(Data items)
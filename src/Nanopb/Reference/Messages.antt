-- ===== src/Nanopb/Reference/Messages.antt =====
-- The reference encoding of a message is the one in the terms of the encoder, Kasei/Pods/nanopb/pb_encode.c,
-- to which the encoder is related.
use kaseiapp.Base.{
  ℕ, ◌≡◌, refl, ap, ap₂, ◌∙◌, Bool, not, Option, some, IsByte, [], ◌==◌, if◌then◌else◌,
}
use kaseiapp.Base.Memory.{Memory, load, offset_by}
use kaseiapp.Nanopb.Pb.{
  FieldInfo, Ltype, bool, varint, uvarint, svarint, fixed32, fixed64, bytes, string, submessage,
  extension, fixed_length_bytes, Htype, required, optional, repeated, oneof, Atype, static, pointer,
  callback, invalid,
}
use kaseiapp.Nanopb.Ostream.Emits.{Wire, emitted, stopped, join}
use kaseiapp.Nanopb.Fields.{
  Fields, last, field, Ptr, null, value, submsg, chain, Extensions, no_more, linked, is_extension,
  begin_data, data_after, extension_data,
}
use kaseiapp.Nanopb.Encode.{sub_all_default, item_count, field_data}
use kaseiapp.Nanopb.Wire.{
  value_wire, tagged_wire, wire_by_rule, wire_by_allocation, field_wire, fields_wire, sub_wire,
  placeholder_wire, extensions_wire, message_wire,
}
use kaseiapp.Nanopb.Reference.{
  is_placeholder, value_encoding, tagged_encoding, array_encoding, data_of, sub_any_set,
  rule_encoding, allocation_encoding, field_encoding, fields_encoding, sub_encoding,
  placeholder_encoding, extensions_encoding, message_encoding,
}
use kaseiapp.Nanopb.Reference.Values.{tagged_lem, array_encoding_lem, value_encoding_lem}
use kaseiapp.Nanopb.Reference.Presence.{is_there_lem, sub_any_set_lem, data_of_lem, count_of_lem}

is_placeholder_lem : (t : Ltype) → is_extension t ≡ is_placeholder t
is_placeholder_lem bool = refl
is_placeholder_lem varint = refl
is_placeholder_lem uvarint = refl
is_placeholder_lem svarint = refl
is_placeholder_lem fixed32 = refl
is_placeholder_lem fixed64 = refl
is_placeholder_lem bytes = refl
is_placeholder_lem string = refl
is_placeholder_lem submessage = refl
is_placeholder_lem extension = refl
is_placeholder_lem fixed_length_bytes = refl

module _ (mem : Memory) (is_memory : (p : ℕ) → IsByte (mem p)) where
  module _ (info : FieldInfo) (sub_default sub_set : ℕ → Bool)
      (h : (q : ℕ) → sub_default q ≡ not (sub_set q)) (item : ℕ → Wire) (p : ℕ) where
    tagged_data :
        tagged_wire mem info item (field_data mem info p)
        ≡ tagged_encoding mem info item (data_of mem p info.atype)
    tagged_data =
        tagged_lem mem info item (field_data mem info p)
        ∙ ap (tagged_encoding mem info item) (data_of_lem mem info p)

    rule_encoding_lem :
        (rule : Htype)
        → info.htype ≡ rule
        → wire_by_rule mem info sub_default item p rule ≡ rule_encoding mem info sub_set item p rule
    rule_encoding_lem required e =
        λ i. if data_of_lem mem info p i == 0 then stopped [] else tagged_data i
    rule_encoding_lem optional e =
        λ i. if is_there_lem mem info sub_default sub_set h p e i then tagged_data i else emitted []
    rule_encoding_lem repeated e =
        array_encoding_lem mem info item (item_count mem info p) (field_data mem info p)
        ∙ ap₂ (array_encoding mem info item) (count_of_lem mem info p) (data_of_lem mem info p)
    rule_encoding_lem oneof e = λ i.
        if load mem (offset_by p info.size_offset) 4 == info.tag then tagged_data i else emitted []

  module _ (callback_wire extension_wire : ℕ → ℕ → Wire) where
    module _ (info : FieldInfo) (sub : Option (ℕ → Wire)) (sub_default sub_set : ℕ → Bool)
        (h : (q : ℕ) → sub_default q ≡ not (sub_set q)) (p : ℕ) where
      in_struct_lem :
          wire_by_rule mem info sub_default (value_wire mem info sub info.ltype) p info.htype
          ≡ rule_encoding mem info sub_set (value_encoding mem info sub info.ltype) p info.htype
      in_struct_lem =
          rule_encoding_lem info sub_default sub_set h (value_wire mem info sub info.ltype) p
            info.htype refl
          ∙ ap (λ (item : ℕ → Wire). rule_encoding mem info sub_set item p info.htype)
              (λ i q. value_encoding_lem mem is_memory info sub info.ltype q i)

      allocation_lem :
          (a : Atype)
          → wire_by_allocation mem callback_wire extension_wire info sub sub_default p a
            ≡ allocation_encoding mem callback_wire extension_wire info sub sub_set p a
      allocation_lem static = in_struct_lem
      allocation_lem pointer = in_struct_lem
      allocation_lem callback = refl
      allocation_lem invalid = refl

      field_encoding_lem :
          field_wire mem callback_wire extension_wire info sub sub_default p
          ≡ field_encoding mem callback_wire extension_wire info sub sub_set p
      field_encoding_lem = allocation_lem info.atype

      -- A field, and what is below it.
      of_sub_lem :
          (sub' : Option (ℕ → Wire))
          → sub ≡ sub'
          → field_wire mem callback_wire extension_wire info sub sub_default p
            ≡ field_encoding mem callback_wire extension_wire info sub' sub_set p
      of_sub_lem sub' e =
          field_encoding_lem
          ∙ ap
              (λ (s : Option (ℕ → Wire)).
                field_encoding mem callback_wire extension_wire info s sub_set p)
              e

    mutual
      unfolding fields_wire fields_encoding

      fields_encoding_lem :
          (fields : Fields) (p : ℕ)
          → fields_wire mem callback_wire extension_wire fields p
            ≡ fields_encoding mem callback_wire extension_wire fields p
      fields_encoding_lem last p = refl
      fields_encoding_lem (field info ptr rest) p = λ i.
          join
            (if is_placeholder_lem info.ltype i
              then placeholder_encoding_lem ptr i
              else of_sub_lem info (sub_wire mem callback_wire extension_wire ptr)
                  (sub_all_default mem ptr) (sub_any_set mem ptr) (sub_any_set_lem mem ptr) p
                  (sub_encoding mem callback_wire extension_wire ptr) (sub_encoding_lem ptr) i)
            (fields_encoding_lem rest (data_after info rest p) i)

      sub_encoding_lem :
          (ptr : Ptr)
          → sub_wire mem callback_wire extension_wire ptr
            ≡ sub_encoding mem callback_wire extension_wire ptr
      sub_encoding_lem null = refl
      sub_encoding_lem (value a) = refl
      sub_encoding_lem (submsg fields) =
          λ i. some (λ p. fields_encoding_lem fields (begin_data fields p) i)
      sub_encoding_lem (chain exts) = refl

      placeholder_encoding_lem :
          (ptr : Ptr)
          → placeholder_wire mem callback_wire extension_wire ptr
            ≡ placeholder_encoding mem callback_wire extension_wire ptr
      placeholder_encoding_lem null = refl
      placeholder_encoding_lem (value a) = refl
      placeholder_encoding_lem (submsg fields) = refl
      placeholder_encoding_lem (chain exts) = extensions_encoding_lem exts

      extensions_encoding_lem :
          (exts : Extensions)
          → extensions_wire mem callback_wire extension_wire exts
            ≡ extensions_encoding mem callback_wire extension_wire exts
      extensions_encoding_lem no_more = refl
      extensions_encoding_lem (linked encode decode info ptr dest dest_member next) = λ i.
          join
            (if encode == 0
              then of_sub_lem info (sub_wire mem callback_wire extension_wire ptr)
                  (sub_all_default mem ptr) (sub_any_set mem ptr) (sub_any_set_lem mem ptr)
                  (extension_data info dest dest_member)
                  (sub_encoding mem callback_wire extension_wire ptr) (sub_encoding_lem ptr) i
              else extension_wire encode dest_member)
            (extensions_encoding_lem next i)

    pub message_encoding_lem :
        (fields : Fields) (src : ℕ)
        → message_wire mem callback_wire extension_wire fields src
          ≡ message_encoding mem callback_wire extension_wire fields src
    unfolding message_wire message_encoding
    message_encoding_lem fields src = fields_encoding_lem fields (begin_data fields src)
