-- ===== src/Cache/Post/Depth.antt =====
-- internal/cache/postcache.go: the recursion of `stripNonIdentityFields` ends, and more fuel changes
-- nothing.
use smart_proxy.Base.{
  ℕ, zero, suc, ◌+◌, ◌≤◌, ◌<◌, ◌≡◌, refl, ap, ◌∙◌, ◌⊎◌, inl, inr, Option, some, [], ◌∷◌, arith,
  nat_eq, text_eq, Bool-cases, Option-cases, length, All,
}
use smart_proxy.Base.Text.{Text, text}
use smart_proxy.Base.Dict.{Dict}
use smart_proxy.Cache.Http.{JsonCodec, Decoded, failed, nil_map, object}
use smart_proxy.Cache.Post.{
  is_non_identity, keep_field, strip_value, strip_fields, strip_non_identity_fields,
}

abbrev pub Below : ℕ → Dict Text Text → Type 0
Below n d = All (λ kv. length kv.1 < n) d

-- The values of an object are shorter than its text.
abbrev pub Shrinks : JsonCodec → Type 0
Shrinks json =
    (v : Text) (d : Dict Text Text) → json.decode_object v ≡ object d → Below (length v) d

pub Decoded-cases :
    (x : Decoded) → (x ≡ failed) ⊎ (x ≡ nil_map) ⊎ ((d : Dict Text Text) × (x ≡ object d))
Decoded-cases failed = inl refl
Decoded-cases nil_map = inr (inl refl)
Decoded-cases (object d) = inr (inr (d, refl))

Below-weaken : (m n : ℕ) (d : Dict Text Text) → m ≤ n → Below m d → Below n d
Below-weaken m n [] le h = tt
Below-weaken m n ((k, v) ∷ d) le (here, more) = (omega arith, Below-weaken m n d le more)

module _ (json : JsonCodec) where
  strip_fields_total :
      (f : Dict Text Text → Option (Dict Text Text)) (d : Dict Text Text)
      → All (λ kv. (w : Text) × (strip_value json f kv.1 ≡ some w)) d
      → (s : Dict Text Text) × (strip_fields json f d ≡ some s)
  unfolding strip_fields
  strip_fields_total f [] h = ([], refl)
  strip_fields_total f ((k, v) ∷ d) ((w, here), more) =
      let (s, rest) = strip_fields_total f d more in
      elim (Bool-cases (is_non_identity k)) [
        | inl e ↦ (s, rw (e, strip_fields) rest)
        | inr e ↦ ((k, w) ∷ s, rw (e, here, strip_fields) (rw rest refl))
      ]

  strip_value_total :
      (f : Dict Text Text → Option (Dict Text Text)) (v : Text)
      → ((nested : Dict Text Text)
          → json.decode_object v ≡ object nested
          → (s : Dict Text Text) × (f nested ≡ some s))
      → (w : Text) × (strip_value json f v ≡ some w)
  unfolding strip_value
  strip_value_total f v h = elim (Decoded-cases (json.decode_object v)) [
    | inl e ↦ (v, rw (e, strip_value) refl)
    | inr (inl e) ↦ (text "null", rw (e, strip_value) refl)
    | inr (inr (nested, e)) ↦
        let (s, stripped) = h nested e in
        (json.encode_object s, rw (e, strip_value) (rw stripped refl))
  ]

  strip_fields_stable :
      (f g : Dict Text Text → Option (Dict Text Text)) (d : Dict Text Text)
      → All (λ kv. strip_value json f kv.1 ≡ strip_value json g kv.1) d
      → strip_fields json f d ≡ strip_fields json g d
  unfolding strip_fields
  strip_fields_stable f g [] h = refl
  strip_fields_stable f g ((k, v) ∷ d) (here, more) =
      let rest = strip_fields_stable f g d more in
      elim (Bool-cases (is_non_identity k)) [
        | inl e ↦ rw (e, strip_fields) rest
        | inr e ↦ elim (Option-cases (strip_value json g v)) [
          | inl gone ↦ rw (e, here, gone, strip_fields) refl
          | inr (w, kept) ↦ rw (e, here, kept, strip_fields) (ap (keep_field k w) rest)
        ]
      ]

  strip_value_stable :
      (f g : Dict Text Text → Option (Dict Text Text)) (v : Text)
      → ((nested : Dict Text Text) → json.decode_object v ≡ object nested → f nested ≡ g nested)
      → strip_value json f v ≡ strip_value json g v
  unfolding strip_value
  strip_value_stable f g v h = elim (Decoded-cases (json.decode_object v)) [
    | inl e ↦ rw (e, strip_value) refl
    | inr (inl e) ↦ rw (e, strip_value) refl
    | inr (inr (nested, e)) ↦ rw (e, strip_value) (rw (h nested e) refl)
  ]

  module _ (shrinks : Shrinks json) where
    values_total :
        (fuel : ℕ) (d : Dict Text Text)
        → Below fuel d
        → All
            (λ kv.
              (w : Text) × (strip_value json (strip_non_identity_fields json fuel) kv.1 ≡ some w))
            d
    unfolding strip_non_identity_fields
    values_total fuel [] h = tt
    values_total zero ((k, v) ∷ d) (here, more) = absurd (omega arith)
    values_total (suc fuel) ((k, v) ∷ d) (here, more) = (
      strip_value_total (strip_non_identity_fields json (suc fuel)) v (λ nested e.
          strip_fields_total (strip_non_identity_fields json fuel) nested (
            values_total fuel nested
              (Below-weaken (length v) fuel nested (omega arith) (shrinks v nested e)))),
      values_total (suc fuel) d more,
    )

    values_stable :
        (m n : ℕ) (d : Dict Text Text)
        → Below m d
        → Below n d
        → All
            (λ kv.
              strip_value json (strip_non_identity_fields json m) kv.1
              ≡ strip_value json (strip_non_identity_fields json n) kv.1)
            d
    unfolding strip_non_identity_fields
    values_stable m n [] h k = tt
    values_stable zero n ((k, v) ∷ d) (here, more) h = absurd (omega arith)
    values_stable (suc m) zero ((k, v) ∷ d) h (here, more) = absurd (omega arith)
    values_stable (suc m) (suc n) ((k, v) ∷ d) (here, more) (here', more') = (
      strip_value_stable (strip_non_identity_fields json (suc m))
          (strip_non_identity_fields json (suc n)) v
          (λ nested e.
            let below = shrinks v nested e in
            strip_fields_stable (strip_non_identity_fields json m)
              (strip_non_identity_fields json n) nested
              (values_stable m n nested (Below-weaken (length v) m nested (omega arith) below)
                (Below-weaken (length v) n nested (omega arith) below))),
      values_stable (suc m) (suc n) d more more',
    )

    strip_stable :
        (m n : ℕ) (d : Dict Text Text)
        → Below m d
        → Below n d
        → strip_non_identity_fields json (suc m) d ≡ strip_non_identity_fields json (suc n) d
    unfolding strip_non_identity_fields
    strip_stable m n d h k =
        strip_fields_stable (strip_non_identity_fields json m) (strip_non_identity_fields json n) d
          (values_stable m n d h k)

    -- The recursion ends. Where the values of every object are shorter than its text, the fuel that
    -- the model gives the recursion, the length of the body and one, is enough, and more of it gives
    -- the same fields.
    pub strip_non_identity_fields_total :
        (body : Text) (d : Dict Text Text) (extra : ℕ)
        → json.decode_object body ≡ object d
        → (s : Dict Text Text) × (strip_non_identity_fields json (suc (length body)) d ≡ some s)
          × (strip_non_identity_fields json (suc (length body + extra)) d ≡ some s)
    unfolding strip_non_identity_fields
    strip_non_identity_fields_total body d extra e =
        let below = shrinks body d e in
        let above = Below-weaken (length body) (length body + extra) d (omega arith) below in
        let (s, total) =
          strip_fields_total (strip_non_identity_fields json (length body)) d
            (values_total (length body) d below) in
        (s, total, strip_stable (length body + extra) (length body) d above below ∙ total)
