-- ===== src/Cache/Post/Identity.antt =====
-- internal/cache/postcache.go: queries that differ in the caller's tracking fields only have one key.
use smart_proxy.Base.{
  ℕ, suc, ◌+◌, ◌≡◌, refl, sym, ap, ◌∙◌, inl, inr, true, false, Option, none, some, [], ◌∷◌, arith,
  if◌then◌else◌, nat_eq, text_eq, text_beq_iff, Bool-cases, Option-cases, length, add_comm,
}
use smart_proxy.Base.Text.{Text}
use smart_proxy.Base.Dict.{Dict, lookup}
use smart_proxy.Cache.Http.{JsonCodec, Outside, object}
use smart_proxy.Cache.Post.{
  is_non_identity, strip_value, strip_fields, strip_non_identity_fields, normalize_body,
  generate_post_cache_key,
}
use smart_proxy.Cache.Post.Depth.{Shrinks, strip_non_identity_fields_total}

-- The encoder of a map sorts its keys, so its text depends on which key has which value.
abbrev pub Canonical : JsonCodec → Type 0
Canonical json =
    (d e : Dict Text Text)
    → ((k : Text) → lookup k d ≡ lookup k e)
    → json.encode_object d ≡ json.encode_object e

module _ (json : JsonCodec) where
  abbrev kept_value : (Dict Text Text → Option (Dict Text Text)) → Text → Option Text → Option Text
  kept_value f k none = none
  kept_value f k (some v) = if is_non_identity k then none else strip_value json f v

  dropped :
      (f : Dict Text Text → Option (Dict Text Text)) (k : Text) (v : Option Text)
      → is_non_identity k ≡ true
      → kept_value f k v ≡ none
  dropped f k none h = refl
  dropped f k (some v) h = rw h refl

  lookup-strip_fields :
      (f : Dict Text Text → Option (Dict Text Text)) (d s : Dict Text Text) (k : Text)
      → strip_fields json f d ≡ some s
      → lookup k s ≡ kept_value f k (lookup k d)
  unfolding strip_fields lookup
  lookup-strip_fields f [] s k h = ground arith
  lookup-strip_fields f ((j, v) ∷ d) s k h = elim (Option-cases (strip_fields json f d)) [
    | inl e ↦ ground (arith, e)
    | inr (rest, e) ↦
        let ih = lookup-strip_fields f d rest k e in
        elim (Bool-cases (is_non_identity j)) [
          | inl x ↦ ground (arith, ih, text_beq_iff j k)
          | inr x ↦ elim (Option-cases (strip_value json f v)) [
            | inl y ↦ let impossible : none ≡ some s = rw (x, y, strip_fields) at h in cc
            | inr (w, y) ↦ ground (arith, ih, text_beq_iff j k)
          ]
        ]
  ]

  stripped_agree :
      (fuel : ℕ) (d e s t : Dict Text Text)
      → strip_non_identity_fields json (suc fuel) d ≡ some s
      → strip_non_identity_fields json (suc fuel) e ≡ some t
      → ((k : Text) → is_non_identity k ≡ false → lookup k d ≡ lookup k e)
      → (k : Text) → lookup k s ≡ lookup k t
  unfolding strip_non_identity_fields
  stripped_agree fuel d e s t h h' agree k =
      let f = strip_non_identity_fields json fuel in
      let left = lookup-strip_fields f d s k h in
      let right = lookup-strip_fields f e t k h' in
      elim (Bool-cases (is_non_identity k)) [
        | inr x ↦ left ∙ ap (kept_value f k) (agree k x) ∙ sym right
        | inl x ↦ left ∙ dropped f k (lookup k d) x ∙ sym (right ∙ dropped f k (lookup k e) x)
      ]

module _ (out : Outside) (shrinks : Shrinks out.json) (canonical : Canonical out.json) where
  -- Two queries of one merchant to one path whose bodies are objects that differ in the caller's
  -- tracking fields only, at the top, have one key. The values of an object are shorter than its text,
  -- and the encoder's text depends only on which key has which value.
  pub generate_post_cache_key_ignores :
      (merchant_key path body other : Text) (d e : Dict Text Text)
      → out.json.decode_object body ≡ object d
      → out.json.decode_object other ≡ object e
      → ((k : Text) → is_non_identity k ≡ false → lookup k d ≡ lookup k e)
      → generate_post_cache_key out merchant_key path body
        ≡ generate_post_cache_key out merchant_key path other
  unfolding generate_post_cache_key normalize_body
  generate_post_cache_key_ignores merchant_key path body other d e h k agree =
      let n = length body + length other in
      let (s, done, more) =
        strip_non_identity_fields_total out.json shrinks body d (length other) h in
      let (t, done', more') =
        strip_non_identity_fields_total out.json shrinks other e (length body) k in
      let same_fuel : strip_non_identity_fields out.json (suc n) e ≡ some t =
        ap (λ i. strip_non_identity_fields out.json (suc i) e)
          (add_comm (length body) (length other))
        ∙ more' in
      let encoded : out.json.encode_object s ≡ out.json.encode_object t =
        canonical s t (stripped_agree out.json n d e s t more same_fuel agree) in
      simp (h, k, done, done', generate_post_cache_key, normalize_body) (rw encoded refl)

* _WHAT YOU WILL DO_: From the entries above, show each line that includes the string "Http".

* _ANSWER SPACE_:
use smart_proxy.Cache.Http.{JsonCodec, Decoded, failed, nil_map, object}
use smart_proxy.Cache.Http.{JsonCodec, Outside, object}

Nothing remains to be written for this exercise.